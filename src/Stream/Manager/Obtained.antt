-- ===== src/Stream/Manager/Obtained.antt =====
-- internal/core/stream/manager.go, `Subscribe`: the session that a subscriber is given.
use tvr.Base.{
  ℕ, zero, suc, ◌<◌, Bool, false, List, [], ◌∷◌, Option, none, some, length, get_elem?, ◌≡◌, refl,
  sym, inl, inr, arith, ◌==◌, subst, Bool-cases, Text, lookup, delete, text_key, nat_eq,
  lookup-insert_self, ok, some_ne_none,
}
use tvr.Upstream.Source.{Source, normalize}
use tvr.Transcode.Profile.{Profile}
use tvr.Stream.Session.{Session, Options}
use tvr.Stream.Walk.{apply_current_upstream}
use tvr.Stream.Manager.{
  Manager, new_session, retire_session, start_session, at_pointer, reuses, replaces, retires, reuse,
  differs, obtain, next_epoch,
}
use tvr.Stream.Manager.Heap.{get_elem?-last}

-- The session behind the pointer is the channel's, is not stopped, and transcodes as the source asks.
pub record Serves (id : Text) (transcode : Bool) (m : Manager) (p : ℕ) : Type 0 where
  pub session : Session
  pub there : get_elem? m.heap p ≡ some session
  pub active : lookup id m.sessions ≡ some p
  pub running : session.stopped ≡ false
  pub same_transcode : session.source.transcode ≡ transcode

get_elem?-lt : (h : List Session) (p : ℕ) {s : Session} → get_elem? h p ≡ some s → p < length h
get_elem?-lt [] p e = absurd (some_ne_none (sym e))
get_elem?-lt (x ∷ h) zero e = omega arith
get_elem?-lt (x ∷ h) (suc p) e = omega (arith, get_elem?-lt h p e)

new_session-open :
    (rand : ℕ → ℕ) (id : Text) (src : Source) (o : Options) (pr : Profile) (n : ℕ)
    → normalize src ≡ ok src
    → ((new_session rand id src o pr n).stopped ≡ false)
      × ((new_session rand id src o pr n).source.transcode ≡ src.transcode)
unfolding new_session apply_current_upstream
new_session-open rand id src o pr n e = (ground arith, ground (arith, e))

start_session-Serves :
    (rand : ℕ → ℕ) (id : Text) (src : Source) (m : Manager)
    → normalize src ≡ ok src
    → Serves id src.transcode (start_session rand id src m).0 (length m.heap)
unfolding start_session
start_session-Serves rand id src m e =
    let s : Session = new_session rand id src m.opts m.profile (next_epoch id m) in
    let (open', same) = new_session-open rand id src m.opts m.profile (next_epoch id m) e in
    record {
      session = s;
      there = get_elem?-last m.heap s;
      active = lookup-insert_self id (length m.heap) m.sessions;
      running = open';
      same_transcode = same;
    }

-- The session to stop is not the one that serves.
abbrev pub Apart : ℕ → Option ℕ → Type 0
Apart p none = Unit
Apart p (some q) = (q == p) ≡ false

-- What the session picked for a viewer is when it is picked, and the one to stop is another.
abbrev pub Obtained : Text → Source → Manager × ℕ × Option ℕ → Type 0
Obtained id src t = Serves id src.transcode t.0 t.1 × Apart t.1 t.2

obtain-reuses :
    (rand : ℕ → ℕ) (id : Text) (src : Source) (m : Manager) (p : ℕ) (s : Session)
    → lookup id m.sessions ≡ some p
    → get_elem? m.heap p ≡ some s
    → s.stopped ≡ false
    → differs s.source.transcode src.transcode ≡ false
    → Obtained id src (obtain rand id src (reuses p) m)
unfolding obtain
obtain-reuses rand id src m p s e f o d =
    (record { session = s; there = f; active = e; running = o; same_transcode = ground arith }, tt)

obtain-replaces :
    (rand : ℕ → ℕ) (id : Text) (src : Source) (m : Manager)
    → normalize src ≡ ok src
    → Obtained id src (obtain rand id src replaces m)
unfolding obtain start_session
obtain-replaces rand id src m e =
    let m' : Manager = record m { sessions = delete id m.sessions } in
    (unfold start_session in start_session-Serves rand id src m' e, tt)

obtain-retires :
    (rand : ℕ → ℕ) (id : Text) (src : Source) (m : Manager) (p : ℕ) {s : Session}
    → normalize src ≡ ok src
    → lookup id m.sessions ≡ some p
    → get_elem? m.heap p ≡ some s
    → Obtained id src (obtain rand id src retires m)
unfolding obtain start_session retire_session
obtain-retires rand id src m p e f g =
    let m' : Manager = (retire_session id m).0 in
    let less : p < length m.heap = get_elem?-lt m.heap p g in
    (
      unfold start_session in start_session-Serves rand id src m' e,
      subst (Apart (length m.heap)) (sym f) (ground arith),
    )

reuse-Obtained :
    (rand : ℕ → ℕ) (id : Text) (src : Source) (m : Manager) (o : Option (ℕ × Session))
    → normalize src ≡ ok src
    → ((p : ℕ) (s : Session)
        → o ≡ some (p, s)
        → (lookup id m.sessions ≡ some p) × (get_elem? m.heap p ≡ some s))
    → Obtained id src (obtain rand id src (reuse src o) m)
unfolding reuse
reuse-Obtained rand id src m none e h = obtain-replaces rand id src m e
reuse-Obtained rand id src m (some (p, s)) e h =
    let (f, g) = h p s refl in
    elim (Bool-cases s.stopped) [
      | inl o ↦ rw o (obtain-replaces rand id src m e)
      | inr o ↦ elim (Bool-cases (differs s.source.transcode src.transcode)) [
        | inl d ↦ rw o (rw d (obtain-retires rand id src m p e f g))
        | inr d ↦ rw o (rw d (obtain-reuses rand id src m p s f g o d))
      ]
    ]

at_pointer-back :
    (m : Manager) (o : Option ℕ) (p : ℕ) (s : Session)
    → at_pointer m o ≡ some (p, s)
    → (o ≡ some p) × (get_elem? m.heap p ≡ some s)
at_pointer-back m none p s e = absurd (some_ne_none (sym e))
at_pointer-back m (some q) p s e = (ground (arith, e), ground (arith, e))

-- The session that `Subscribe` picks for its viewer, for a source that is already normal, is the channel's in the map and on
-- the heap, is not stopped when it is looked at, transcodes just when the source asks for it, and is not the one to stop.
pub obtain-Obtained :
    (rand : ℕ → ℕ) (id : Text) (src : Source) (m : Manager)
    → normalize src ≡ ok src
    → Obtained id src (obtain rand id src (reuse src (at_pointer m (lookup id m.sessions))) m)
obtain-Obtained rand id src m e =
    reuse-Obtained rand id src m (at_pointer m (lookup id m.sessions)) e
      (at_pointer-back m (lookup id m.sessions))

+--

[EXERCISE DETAILS] Please determine how many lines in the entries contain the word "refl" and answer with the number alone.

[THE COMPLETED TASK] 2